Dataset extract below:
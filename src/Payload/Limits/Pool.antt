-- ===== src/Payload/Limits/Pool.antt =====
-- The loop over the pool within the limits of the block.
use mathlib.Core.Path.{subst}
use dogeos_reth.Prelude.{
  ℕ, ◌+◌, ◌≤◌, ◌<◌, ◌≡◌, refl, Bool, true, false, Option, none, some, Result, ok, err, Bool-cases,
  ◌⊎◌, inl, inr, arith, u64_max, zero, suc, if◌then◌else◌, ◌||◌,
}
use dogeos_reth.CodeWitness.Invariant.{IsMetered}
use dogeos_reth.Payload.{ExecutionInfo, TxApi, ScrollBuilderConfig, is_tx_over_limits}
use dogeos_reth.Payload.Execute.{
  BlockExecutionError, invalid_tx, fatal, Executor, Executed, execute_with_code_budget,
}
use dogeos_reth.Payload.Forced.{Building}
use dogeos_reth.Payload.Limits.{da_intro, IsExecutor, IsWithin, executed_gas, executed-IsMetered}
use dogeos_reth.Payload.Pool.{
  BestTransactions, Signals, PoolEnd, finished, cancelled, PoolStep, included, dropped, aborted,
  Round, stop, again, after_step, pool_step, pool_round, pool_loop,
}

pub Round-cases :
    {X B I : Type 0} (r : Round X B I)
    → ((end : PoolEnd X B) × (r ≡ stop end)) ⊎ ((pool : I) × (s : Building B) × (r ≡ again pool s))
Round-cases (stop end) = inl (end, refl)
Round-cases (again pool s) = inr (pool, s, refl)

module _ {X B T : Type 0} (size : ℕ → ℕ) (api : TxApi T) (executor : Executor X B T)
    (law : IsExecutor size api executor) (config : ScrollBuilderConfig) (block_gas_limit : ℕ)
    (fits : block_gas_limit < u64_max)
    (da_fits : (limit : ℕ) → config.max_da_block_size ≡ some limit → limit < u64_max) where
  abbrev IsWithinStep : PoolStep X B → Type 0
  IsWithinStep (included s) = IsWithin size config block_gas_limit s
  IsWithinStep (dropped mark s) = IsWithin size config block_gas_limit s
  IsWithinStep (aborted e) = Unit

  record_tx-da :
      (info : ExecutionInfo) (tx : T) (da : Option ℕ) (limit : ℕ)
      → is_tx_over_limits api info tx block_gas_limit da ≡ false
      → da ≡ some limit
      → limit < u64_max
      → info.cumulative_da_bytes_used + api.encode_2718_len tx ≤ limit
  unfolding is_tx_over_limits
  record_tx-da info tx none limit over e below = ground arith
  record_tx-da info tx (some l) limit over e below = ground arith

  record_tx-gas :
      (info : ExecutionInfo) (tx : T) (da : Option ℕ)
      → is_tx_over_limits api info tx block_gas_limit da ≡ false
      → info.cumulative_gas_used + api.gas_limit tx ≤ block_gas_limit
  unfolding is_tx_over_limits
  record_tx-gas info tx none over = ground arith
  record_tx-gas info tx (some l) over = ground arith

  -- One transaction of the pool that is not over the limits.
  pool_step-IsWithin :
      (tx : T) (s : Building B) (done : Executed X B) (miner_fee : Option ℕ)
      (outcome : Result (BlockExecutionError X) (Option ℕ))
      → IsWithin size config block_gas_limit s
      → is_tx_over_limits api s.info tx block_gas_limit config.max_da_block_size ≡ false
      → ((g : ℕ) → outcome ≡ ok (some g) → g ≤ api.gas_limit tx)
      → IsMetered size config.max_code_witness_bytes done.meter
      → IsWithinStep (pool_step api tx done s miner_fee outcome)
  unfolding pool_step
  pool_step-IsWithin tx s done none (ok (some g)) v over used met = tt
  pool_step-IsWithin tx s done (some tip) (ok (some g)) v over used met =
      let gas = used g refl in
      let room = record_tx-gas s.info tx config.max_da_block_size over in
      record {
        gas = ground arith;
        da = da_intro config.max_da_block_size _ (λ limit e.
            let below = da_fits limit e in
            let room' = record_tx-da s.info tx config.max_da_block_size limit over e below in
            ground arith);
        metered = met;
      }
  pool_step-IsWithin tx s done miner_fee (ok none) v over used met = record {
    gas = v.gas;
    da = v.da;
    metered = met;
  }
  pool_step-IsWithin tx s done miner_fee (err (invalid_tx low)) v over used met = record {
    gas = v.gas;
    da = v.da;
    metered = met;
  }
  pool_step-IsWithin tx s done miner_fee (err (fatal e)) v over used met = tt

  module _ {I : Type 0} (best : BestTransactions I T) (signals : Signals)
      (min_transaction_gas base_fee : ℕ) where
    abbrev IsWithinRound : Round X B I → Type 0
    IsWithinRound (stop end) =
        (s : Building B) → end ≡ finished s → IsWithin size config block_gas_limit s
    IsWithinRound (again pool s) = IsWithin size config block_gas_limit s

    after_step-IsWithin :
        (tx : T) (rest : I) (step : PoolStep X B)
        → IsWithinStep step
        → IsWithinRound (
            after_step api executor best signals config min_transaction_gas block_gas_limit base_fee
              tx rest step)
    after_step-IsWithin tx rest (included s) v = v
    after_step-IsWithin tx rest (dropped mark s) v = v
    after_step-IsWithin tx rest (aborted e) v = λ s same. ground arith

    abbrev over_test : Building B → T → Bool
    over_test s tx =
        is_tx_over_limits api s.info tx block_gas_limit config.max_da_block_size
        || api.is_eip4844 tx
        || api.is_l1_message tx

    over_false :
        (s : Building B) (tx : T)
        → over_test s tx ≡ false
        → is_tx_over_limits api s.info tx block_gas_limit config.max_da_block_size ≡ false
    over_false s tx h =
        elim (Bool-cases
          (is_tx_over_limits api s.info tx block_gas_limit config.max_da_block_size)) [
            | inl e ↦ let h' = rw e at h in ground arith
            | inr e ↦ e
          ]

    if_round :
        (b : Bool) (x y : Round X B I)
        → IsWithinRound x
        → (b ≡ false → IsWithinRound y)
        → IsWithinRound (if b then x else y)
    if_round true x y px py = px
    if_round false x y px py = py refl

    stopped :
        (s t : Building B)
        → IsWithin size config block_gas_limit s
        → ◌≡◌ {A = PoolEnd X B} (finished s) (finished t)
        → IsWithin size config block_gas_limit t
    stopped s t v same =
        let e : s ≡ t = ground arith in subst (IsWithin size config block_gas_limit) e v

    pool_round-IsWithin :
        (round : ℕ) (item : Option (T × I)) (s : Building B)
        → IsWithin size config block_gas_limit s
        → IsWithinRound (
            pool_round api executor best signals config min_transaction_gas block_gas_limit base_fee
              round item s)
    unfolding pool_round
    pool_round-IsWithin round none s v = λ t same. stopped s t v same
    pool_round-IsWithin round (some (tx, rest)) s v =
        let done = execute_with_code_budget executor s.builder tx s.meter in
        if_round (over_test s tx) _ _ v (λ over.
          if_round (signals.is_cancelled round) (stop cancelled) _ (λ t same. ground arith)
            (λ e.
              if_round _ (stop (finished s)) _ (λ t same. stopped s t v same)
                (λ e'. after_step-IsWithin tx rest _ (
                  pool_step-IsWithin tx s done (api.effective_tip_per_gas tx base_fee) done.outcome
                    v (over_false s tx over)
                    (executed_gas size api executor law s.builder tx s.meter)
                    (executed-IsMetered size api executor law config.max_code_witness_bytes
                      s.builder tx s.meter v.metered)))))

    pub pool_loop-IsWithin :
        (fuel round : ℕ) (pool : I) (s s' : Building B)
        → IsWithin size config block_gas_limit s
        → pool_loop api executor best signals config min_transaction_gas block_gas_limit base_fee
            fuel round pool s
          ≡ finished s'
        → IsWithin size config block_gas_limit s'
    unfolding pool_loop
    pool_loop-IsWithin zero round pool s s' v h = ground arith
    pool_loop-IsWithin (suc fuel) round pool s s' v h =
        let w = pool_round-IsWithin round (best.next pool) s v in
        elim (Round-cases (
          pool_round api executor best signals config min_transaction_gas block_gas_limit base_fee
            round (best.next pool) s)) [
              | inl (end, e) ↦ subst IsWithinRound e w s' (rw e at h)
              | inr (pool', t, e) ↦
                  pool_loop-IsWithin fuel (round + 1) pool' t s' (subst IsWithinRound e w)
                    (rw e at h)
            ]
End of Dataset extract.
Task details: Return only those lines of the records that contain the string "IsMetered".

Output of the task:
use dogeos_reth.CodeWitness.Invariant.{IsMetered}
use dogeos_reth.Payload.Limits.{da_intro, IsExecutor, IsWithin, executed_gas, executed-IsMetered}
      → IsMetered size config.max_code_witness_bytes done.meter
                    (executed-IsMetered size api executor law config.max_code_witness_bytes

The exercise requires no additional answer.